• RECORDS PROVIDED

....

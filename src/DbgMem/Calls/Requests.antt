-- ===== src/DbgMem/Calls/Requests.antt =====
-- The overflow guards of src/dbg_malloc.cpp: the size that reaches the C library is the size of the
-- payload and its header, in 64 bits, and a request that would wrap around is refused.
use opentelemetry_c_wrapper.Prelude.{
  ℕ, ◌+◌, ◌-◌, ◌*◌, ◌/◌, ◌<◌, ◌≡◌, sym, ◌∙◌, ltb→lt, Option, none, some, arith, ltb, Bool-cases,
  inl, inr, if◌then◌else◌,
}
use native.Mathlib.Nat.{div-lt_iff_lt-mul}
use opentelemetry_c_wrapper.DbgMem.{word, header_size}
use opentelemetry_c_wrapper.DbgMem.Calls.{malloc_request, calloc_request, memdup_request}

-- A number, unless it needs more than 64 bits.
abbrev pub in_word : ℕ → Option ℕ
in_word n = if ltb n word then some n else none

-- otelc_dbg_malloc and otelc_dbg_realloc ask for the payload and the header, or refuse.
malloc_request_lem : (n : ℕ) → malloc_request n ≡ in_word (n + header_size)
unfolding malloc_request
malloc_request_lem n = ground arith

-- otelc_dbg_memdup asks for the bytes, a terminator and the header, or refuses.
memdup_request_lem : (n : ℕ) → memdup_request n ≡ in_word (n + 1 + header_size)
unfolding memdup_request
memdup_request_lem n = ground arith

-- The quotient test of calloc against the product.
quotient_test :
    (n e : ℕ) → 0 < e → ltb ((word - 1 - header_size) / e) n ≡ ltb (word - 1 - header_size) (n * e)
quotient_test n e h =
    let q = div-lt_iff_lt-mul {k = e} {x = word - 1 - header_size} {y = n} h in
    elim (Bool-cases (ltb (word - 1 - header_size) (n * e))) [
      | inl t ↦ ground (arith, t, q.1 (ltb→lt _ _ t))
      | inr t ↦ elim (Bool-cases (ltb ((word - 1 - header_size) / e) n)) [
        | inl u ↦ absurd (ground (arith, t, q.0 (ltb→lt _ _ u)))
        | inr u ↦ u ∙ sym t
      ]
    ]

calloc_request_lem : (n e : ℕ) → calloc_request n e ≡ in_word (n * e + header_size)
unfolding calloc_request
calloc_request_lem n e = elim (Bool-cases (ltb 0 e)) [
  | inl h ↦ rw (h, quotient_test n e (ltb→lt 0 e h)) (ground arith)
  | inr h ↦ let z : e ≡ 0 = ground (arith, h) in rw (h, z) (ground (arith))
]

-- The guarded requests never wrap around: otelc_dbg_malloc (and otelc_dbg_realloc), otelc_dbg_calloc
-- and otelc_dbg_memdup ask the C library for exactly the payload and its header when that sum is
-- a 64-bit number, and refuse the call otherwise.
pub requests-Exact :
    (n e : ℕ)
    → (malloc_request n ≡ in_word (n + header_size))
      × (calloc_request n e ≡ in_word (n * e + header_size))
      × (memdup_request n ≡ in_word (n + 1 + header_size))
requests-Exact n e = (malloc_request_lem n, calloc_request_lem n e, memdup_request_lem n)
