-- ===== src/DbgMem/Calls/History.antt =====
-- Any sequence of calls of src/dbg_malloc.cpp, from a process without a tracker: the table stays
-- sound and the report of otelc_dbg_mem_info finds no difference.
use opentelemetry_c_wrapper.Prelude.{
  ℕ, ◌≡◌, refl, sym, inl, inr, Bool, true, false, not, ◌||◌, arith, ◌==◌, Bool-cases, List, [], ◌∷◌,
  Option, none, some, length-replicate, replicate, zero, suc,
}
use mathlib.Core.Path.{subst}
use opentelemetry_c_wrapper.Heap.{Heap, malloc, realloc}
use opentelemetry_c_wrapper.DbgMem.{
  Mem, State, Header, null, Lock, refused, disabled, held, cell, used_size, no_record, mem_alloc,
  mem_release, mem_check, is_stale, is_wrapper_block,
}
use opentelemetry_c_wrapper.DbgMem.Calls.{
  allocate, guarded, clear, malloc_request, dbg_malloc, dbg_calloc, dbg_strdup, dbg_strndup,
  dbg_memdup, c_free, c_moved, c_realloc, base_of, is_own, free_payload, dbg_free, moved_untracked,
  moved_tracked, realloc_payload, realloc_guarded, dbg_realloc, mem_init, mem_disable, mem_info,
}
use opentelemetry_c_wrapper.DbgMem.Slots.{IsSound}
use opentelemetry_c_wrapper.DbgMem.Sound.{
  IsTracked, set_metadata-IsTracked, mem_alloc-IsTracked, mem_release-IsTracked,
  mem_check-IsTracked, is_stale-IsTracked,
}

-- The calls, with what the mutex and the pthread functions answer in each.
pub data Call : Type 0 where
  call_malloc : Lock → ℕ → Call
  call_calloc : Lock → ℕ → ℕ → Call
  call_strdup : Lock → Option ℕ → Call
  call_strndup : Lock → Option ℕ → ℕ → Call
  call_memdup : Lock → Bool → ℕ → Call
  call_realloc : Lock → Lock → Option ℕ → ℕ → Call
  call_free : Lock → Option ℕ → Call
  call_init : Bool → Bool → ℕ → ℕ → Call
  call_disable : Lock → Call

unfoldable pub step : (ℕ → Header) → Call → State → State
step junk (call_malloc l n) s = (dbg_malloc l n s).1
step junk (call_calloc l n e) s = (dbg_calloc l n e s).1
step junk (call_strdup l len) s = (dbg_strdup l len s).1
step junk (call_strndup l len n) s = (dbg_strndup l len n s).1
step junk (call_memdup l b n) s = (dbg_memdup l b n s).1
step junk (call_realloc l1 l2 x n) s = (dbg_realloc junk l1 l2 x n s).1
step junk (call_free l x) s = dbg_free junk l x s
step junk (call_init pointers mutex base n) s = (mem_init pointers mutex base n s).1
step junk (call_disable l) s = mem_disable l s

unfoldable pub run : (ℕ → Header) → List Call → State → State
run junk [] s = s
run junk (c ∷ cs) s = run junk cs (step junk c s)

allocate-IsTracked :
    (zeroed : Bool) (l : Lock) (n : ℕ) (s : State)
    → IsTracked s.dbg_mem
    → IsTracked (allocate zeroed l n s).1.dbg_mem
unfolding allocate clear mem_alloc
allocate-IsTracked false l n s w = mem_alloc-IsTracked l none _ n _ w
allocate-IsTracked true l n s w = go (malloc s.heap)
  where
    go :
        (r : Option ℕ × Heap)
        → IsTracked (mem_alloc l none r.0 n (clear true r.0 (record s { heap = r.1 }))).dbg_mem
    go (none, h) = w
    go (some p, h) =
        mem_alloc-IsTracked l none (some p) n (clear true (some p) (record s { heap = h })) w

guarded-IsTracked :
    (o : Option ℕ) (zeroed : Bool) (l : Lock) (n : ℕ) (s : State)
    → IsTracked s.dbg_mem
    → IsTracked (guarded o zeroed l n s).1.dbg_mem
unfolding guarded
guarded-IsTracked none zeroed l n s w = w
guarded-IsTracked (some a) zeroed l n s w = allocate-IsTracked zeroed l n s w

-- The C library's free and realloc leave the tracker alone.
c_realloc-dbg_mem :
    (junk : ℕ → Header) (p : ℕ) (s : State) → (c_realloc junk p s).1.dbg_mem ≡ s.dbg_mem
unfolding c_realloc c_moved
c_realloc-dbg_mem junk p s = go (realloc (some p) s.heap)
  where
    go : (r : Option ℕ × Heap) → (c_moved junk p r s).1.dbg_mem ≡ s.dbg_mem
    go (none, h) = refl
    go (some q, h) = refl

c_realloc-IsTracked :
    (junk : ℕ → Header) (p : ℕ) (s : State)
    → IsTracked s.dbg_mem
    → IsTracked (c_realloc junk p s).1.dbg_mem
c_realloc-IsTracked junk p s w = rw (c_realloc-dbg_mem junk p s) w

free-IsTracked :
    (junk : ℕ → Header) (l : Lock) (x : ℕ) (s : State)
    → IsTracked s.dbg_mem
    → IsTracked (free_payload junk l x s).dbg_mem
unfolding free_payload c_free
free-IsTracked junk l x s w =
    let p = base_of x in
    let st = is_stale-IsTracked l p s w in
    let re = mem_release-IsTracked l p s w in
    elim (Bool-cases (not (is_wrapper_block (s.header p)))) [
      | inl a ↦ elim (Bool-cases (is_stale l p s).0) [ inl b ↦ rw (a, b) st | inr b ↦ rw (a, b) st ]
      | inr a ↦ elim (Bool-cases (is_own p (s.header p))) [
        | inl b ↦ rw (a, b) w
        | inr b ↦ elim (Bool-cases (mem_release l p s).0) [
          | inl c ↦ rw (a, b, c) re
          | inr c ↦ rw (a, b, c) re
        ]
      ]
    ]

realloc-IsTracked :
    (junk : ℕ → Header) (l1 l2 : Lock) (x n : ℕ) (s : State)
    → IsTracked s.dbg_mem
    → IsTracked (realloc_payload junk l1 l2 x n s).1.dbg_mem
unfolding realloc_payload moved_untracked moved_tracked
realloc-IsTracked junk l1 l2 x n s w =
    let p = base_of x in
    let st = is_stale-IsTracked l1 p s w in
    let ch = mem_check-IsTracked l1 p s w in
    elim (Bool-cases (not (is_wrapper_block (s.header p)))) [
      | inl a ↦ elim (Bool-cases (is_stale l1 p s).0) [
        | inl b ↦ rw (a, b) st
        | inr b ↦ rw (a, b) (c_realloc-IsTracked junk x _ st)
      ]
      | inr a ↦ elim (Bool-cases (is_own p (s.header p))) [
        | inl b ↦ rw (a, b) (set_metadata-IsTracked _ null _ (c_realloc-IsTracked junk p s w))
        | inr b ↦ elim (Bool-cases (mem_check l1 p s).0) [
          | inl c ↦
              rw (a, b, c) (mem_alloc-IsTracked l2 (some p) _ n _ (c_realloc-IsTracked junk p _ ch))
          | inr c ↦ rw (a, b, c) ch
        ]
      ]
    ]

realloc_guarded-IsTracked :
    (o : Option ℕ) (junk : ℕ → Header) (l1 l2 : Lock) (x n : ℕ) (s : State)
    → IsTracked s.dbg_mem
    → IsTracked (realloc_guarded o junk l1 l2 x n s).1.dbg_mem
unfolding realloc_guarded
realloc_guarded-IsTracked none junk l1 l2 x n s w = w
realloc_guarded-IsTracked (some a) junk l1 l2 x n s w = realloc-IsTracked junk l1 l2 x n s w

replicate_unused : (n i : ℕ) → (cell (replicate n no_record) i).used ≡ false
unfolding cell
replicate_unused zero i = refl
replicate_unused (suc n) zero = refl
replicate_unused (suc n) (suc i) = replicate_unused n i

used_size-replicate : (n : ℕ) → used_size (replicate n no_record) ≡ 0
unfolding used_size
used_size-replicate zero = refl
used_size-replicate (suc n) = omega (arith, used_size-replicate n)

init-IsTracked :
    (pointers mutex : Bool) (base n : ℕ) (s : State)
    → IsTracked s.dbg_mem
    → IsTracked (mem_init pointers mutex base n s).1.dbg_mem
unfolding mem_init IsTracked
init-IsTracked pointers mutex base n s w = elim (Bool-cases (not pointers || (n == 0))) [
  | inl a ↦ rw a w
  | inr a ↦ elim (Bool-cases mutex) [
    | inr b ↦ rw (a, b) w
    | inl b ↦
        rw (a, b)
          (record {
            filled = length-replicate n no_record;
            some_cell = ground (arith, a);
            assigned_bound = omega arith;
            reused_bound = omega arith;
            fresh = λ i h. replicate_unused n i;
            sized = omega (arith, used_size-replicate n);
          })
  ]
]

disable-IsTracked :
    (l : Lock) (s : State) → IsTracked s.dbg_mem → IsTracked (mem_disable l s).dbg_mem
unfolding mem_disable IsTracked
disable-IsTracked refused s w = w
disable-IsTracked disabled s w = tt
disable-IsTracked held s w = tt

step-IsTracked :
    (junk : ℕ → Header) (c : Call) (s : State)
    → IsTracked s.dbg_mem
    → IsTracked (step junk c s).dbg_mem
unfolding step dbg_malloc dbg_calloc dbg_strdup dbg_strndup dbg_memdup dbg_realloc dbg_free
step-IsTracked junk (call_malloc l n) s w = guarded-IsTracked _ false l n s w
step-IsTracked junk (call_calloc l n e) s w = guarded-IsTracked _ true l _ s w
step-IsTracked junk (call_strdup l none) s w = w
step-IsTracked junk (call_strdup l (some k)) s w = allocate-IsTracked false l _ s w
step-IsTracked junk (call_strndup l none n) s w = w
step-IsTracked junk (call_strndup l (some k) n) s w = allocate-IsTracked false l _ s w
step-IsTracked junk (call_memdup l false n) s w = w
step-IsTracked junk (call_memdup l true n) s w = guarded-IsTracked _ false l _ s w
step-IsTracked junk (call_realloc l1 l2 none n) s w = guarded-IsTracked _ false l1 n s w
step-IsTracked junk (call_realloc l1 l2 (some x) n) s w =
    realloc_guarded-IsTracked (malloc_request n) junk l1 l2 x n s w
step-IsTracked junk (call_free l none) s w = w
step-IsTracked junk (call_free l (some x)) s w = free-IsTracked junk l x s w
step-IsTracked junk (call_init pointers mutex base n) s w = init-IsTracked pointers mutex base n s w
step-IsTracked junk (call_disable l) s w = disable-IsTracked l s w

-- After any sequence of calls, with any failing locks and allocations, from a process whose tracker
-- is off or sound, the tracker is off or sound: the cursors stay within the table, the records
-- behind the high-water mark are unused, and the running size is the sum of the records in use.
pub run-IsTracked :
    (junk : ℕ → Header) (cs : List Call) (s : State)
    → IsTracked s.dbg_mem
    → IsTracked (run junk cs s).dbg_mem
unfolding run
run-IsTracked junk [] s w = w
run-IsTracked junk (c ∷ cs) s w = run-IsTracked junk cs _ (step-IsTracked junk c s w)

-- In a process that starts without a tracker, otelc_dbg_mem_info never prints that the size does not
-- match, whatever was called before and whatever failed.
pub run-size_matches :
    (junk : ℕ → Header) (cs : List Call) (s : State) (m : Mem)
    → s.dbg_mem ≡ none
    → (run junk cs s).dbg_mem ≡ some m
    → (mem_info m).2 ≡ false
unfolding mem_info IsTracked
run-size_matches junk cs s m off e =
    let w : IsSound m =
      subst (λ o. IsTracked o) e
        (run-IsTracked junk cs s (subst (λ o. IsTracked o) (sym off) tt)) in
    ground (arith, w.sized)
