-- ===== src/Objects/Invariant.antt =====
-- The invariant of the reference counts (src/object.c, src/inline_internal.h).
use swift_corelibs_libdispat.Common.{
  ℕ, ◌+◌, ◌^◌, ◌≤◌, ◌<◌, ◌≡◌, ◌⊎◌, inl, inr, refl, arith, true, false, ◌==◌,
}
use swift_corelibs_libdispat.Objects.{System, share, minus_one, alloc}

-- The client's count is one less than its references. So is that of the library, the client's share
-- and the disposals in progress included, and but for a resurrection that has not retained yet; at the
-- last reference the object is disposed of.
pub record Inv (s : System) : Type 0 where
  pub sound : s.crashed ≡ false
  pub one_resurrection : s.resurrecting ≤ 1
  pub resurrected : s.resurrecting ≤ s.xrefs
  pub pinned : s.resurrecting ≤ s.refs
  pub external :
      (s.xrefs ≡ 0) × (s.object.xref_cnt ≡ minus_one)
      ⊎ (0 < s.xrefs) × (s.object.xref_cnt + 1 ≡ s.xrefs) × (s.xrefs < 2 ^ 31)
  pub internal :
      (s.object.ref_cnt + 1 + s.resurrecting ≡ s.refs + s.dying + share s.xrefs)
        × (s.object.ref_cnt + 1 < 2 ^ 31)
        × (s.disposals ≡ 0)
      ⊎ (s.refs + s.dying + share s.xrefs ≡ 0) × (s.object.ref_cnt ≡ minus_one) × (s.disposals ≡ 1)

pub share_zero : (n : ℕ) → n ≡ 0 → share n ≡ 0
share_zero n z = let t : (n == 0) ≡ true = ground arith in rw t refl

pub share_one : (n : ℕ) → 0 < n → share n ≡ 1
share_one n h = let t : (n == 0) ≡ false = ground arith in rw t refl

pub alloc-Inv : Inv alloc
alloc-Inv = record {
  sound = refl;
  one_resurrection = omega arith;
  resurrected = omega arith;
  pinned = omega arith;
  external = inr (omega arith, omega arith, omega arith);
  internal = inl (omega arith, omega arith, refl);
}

....

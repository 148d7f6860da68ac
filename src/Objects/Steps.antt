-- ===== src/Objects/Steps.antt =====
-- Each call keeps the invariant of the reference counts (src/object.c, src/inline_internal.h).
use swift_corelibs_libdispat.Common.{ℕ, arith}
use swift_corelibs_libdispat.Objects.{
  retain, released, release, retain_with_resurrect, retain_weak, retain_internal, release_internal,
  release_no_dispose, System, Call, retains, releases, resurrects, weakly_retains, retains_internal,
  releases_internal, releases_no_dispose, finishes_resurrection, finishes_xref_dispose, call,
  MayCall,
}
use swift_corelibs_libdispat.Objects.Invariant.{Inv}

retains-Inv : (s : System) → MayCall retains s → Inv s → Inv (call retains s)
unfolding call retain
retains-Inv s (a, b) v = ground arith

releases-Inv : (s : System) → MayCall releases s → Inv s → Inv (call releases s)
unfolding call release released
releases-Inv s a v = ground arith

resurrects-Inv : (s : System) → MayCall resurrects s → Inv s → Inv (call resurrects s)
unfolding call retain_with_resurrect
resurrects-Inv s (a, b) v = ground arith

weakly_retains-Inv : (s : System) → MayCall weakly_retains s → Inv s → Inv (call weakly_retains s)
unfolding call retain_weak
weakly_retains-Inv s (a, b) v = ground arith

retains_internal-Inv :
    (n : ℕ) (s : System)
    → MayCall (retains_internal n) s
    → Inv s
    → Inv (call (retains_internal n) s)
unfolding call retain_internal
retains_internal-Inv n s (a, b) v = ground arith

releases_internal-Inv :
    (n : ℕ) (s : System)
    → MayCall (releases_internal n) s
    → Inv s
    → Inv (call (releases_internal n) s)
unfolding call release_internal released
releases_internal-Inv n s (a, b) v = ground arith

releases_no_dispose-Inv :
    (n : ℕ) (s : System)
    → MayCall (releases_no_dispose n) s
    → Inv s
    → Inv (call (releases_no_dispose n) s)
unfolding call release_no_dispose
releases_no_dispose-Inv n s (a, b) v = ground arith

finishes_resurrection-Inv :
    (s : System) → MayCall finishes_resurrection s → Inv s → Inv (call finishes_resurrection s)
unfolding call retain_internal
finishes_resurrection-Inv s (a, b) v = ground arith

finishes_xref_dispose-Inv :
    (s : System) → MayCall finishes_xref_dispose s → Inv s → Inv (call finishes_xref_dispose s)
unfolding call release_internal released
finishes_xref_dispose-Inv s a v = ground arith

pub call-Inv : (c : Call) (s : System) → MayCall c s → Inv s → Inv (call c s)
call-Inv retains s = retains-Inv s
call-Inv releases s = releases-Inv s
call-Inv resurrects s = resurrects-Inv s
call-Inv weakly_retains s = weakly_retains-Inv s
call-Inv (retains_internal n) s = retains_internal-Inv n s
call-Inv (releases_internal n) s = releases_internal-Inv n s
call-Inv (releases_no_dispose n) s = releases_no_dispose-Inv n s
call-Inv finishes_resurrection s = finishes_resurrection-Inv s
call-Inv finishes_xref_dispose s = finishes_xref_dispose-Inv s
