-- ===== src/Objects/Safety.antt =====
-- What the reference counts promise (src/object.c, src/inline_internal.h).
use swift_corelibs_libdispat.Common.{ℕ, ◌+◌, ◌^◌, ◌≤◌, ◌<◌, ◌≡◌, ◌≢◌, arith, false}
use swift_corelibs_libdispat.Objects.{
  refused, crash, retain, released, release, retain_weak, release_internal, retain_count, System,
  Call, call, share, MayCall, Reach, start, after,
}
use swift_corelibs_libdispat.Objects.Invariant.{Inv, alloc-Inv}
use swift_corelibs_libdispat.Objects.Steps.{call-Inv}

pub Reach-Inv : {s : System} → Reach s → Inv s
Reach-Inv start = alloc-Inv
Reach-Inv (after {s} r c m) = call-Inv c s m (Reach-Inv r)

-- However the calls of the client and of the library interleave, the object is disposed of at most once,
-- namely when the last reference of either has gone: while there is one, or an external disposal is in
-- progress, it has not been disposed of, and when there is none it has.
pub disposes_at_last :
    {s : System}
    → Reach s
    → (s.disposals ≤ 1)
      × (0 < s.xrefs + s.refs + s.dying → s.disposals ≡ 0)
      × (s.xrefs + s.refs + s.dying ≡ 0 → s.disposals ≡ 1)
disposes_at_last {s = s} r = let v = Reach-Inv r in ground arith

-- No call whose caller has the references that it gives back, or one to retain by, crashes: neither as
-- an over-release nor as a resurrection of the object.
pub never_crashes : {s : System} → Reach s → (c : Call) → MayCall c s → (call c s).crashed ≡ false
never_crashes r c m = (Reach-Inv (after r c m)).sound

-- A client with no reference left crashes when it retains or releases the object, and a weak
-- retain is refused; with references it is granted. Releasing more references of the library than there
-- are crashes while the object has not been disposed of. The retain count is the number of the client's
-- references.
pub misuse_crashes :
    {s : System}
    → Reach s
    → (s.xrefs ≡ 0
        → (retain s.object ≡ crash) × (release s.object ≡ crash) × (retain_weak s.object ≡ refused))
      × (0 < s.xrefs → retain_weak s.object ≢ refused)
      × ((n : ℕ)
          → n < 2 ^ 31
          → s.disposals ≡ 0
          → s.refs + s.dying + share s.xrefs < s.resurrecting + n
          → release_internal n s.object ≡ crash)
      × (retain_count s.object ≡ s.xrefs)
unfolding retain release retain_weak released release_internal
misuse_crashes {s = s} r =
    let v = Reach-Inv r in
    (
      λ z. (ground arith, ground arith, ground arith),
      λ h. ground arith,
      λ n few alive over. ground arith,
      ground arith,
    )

....

• ACTIVITY
Above are the records; from them, give again exactly the lines from the one containing "-- The overflow" through the one containing "memdup_request_lem : (n", both included.

• RESPONSE
-- The overflow guards of src/dbg_malloc.cpp: the size that reaches the C library is the size of the
-- payload and its header, in 64 bits, and a request that would wrap around is refused.
use opentelemetry_c_wrapper.Prelude.{
  ℕ, ◌+◌, ◌-◌, ◌*◌, ◌/◌, ◌<◌, ◌≡◌, sym, ◌∙◌, ltb→lt, Option, none, some, arith, ltb, Bool-cases,
  inl, inr, if◌then◌else◌,
}
use native.Mathlib.Nat.{div-lt_iff_lt-mul}
use opentelemetry_c_wrapper.DbgMem.{word, header_size}
use opentelemetry_c_wrapper.DbgMem.Calls.{malloc_request, calloc_request, memdup_request}

-- A number, unless it needs more than 64 bits.
abbrev pub in_word : ℕ → Option ℕ
in_word n = if ltb n word then some n else none

-- otelc_dbg_malloc and otelc_dbg_realloc ask for the payload and the header, or refuse.
malloc_request_lem : (n : ℕ) → malloc_request n ≡ in_word (n + header_size)
unfolding malloc_request
malloc_request_lem n = ground arith

-- otelc_dbg_memdup asks for the bytes, a terminator and the header, or refuses.
memdup_request_lem : (n : ℕ) → memdup_request n ≡ in_word (n + 1 + header_size)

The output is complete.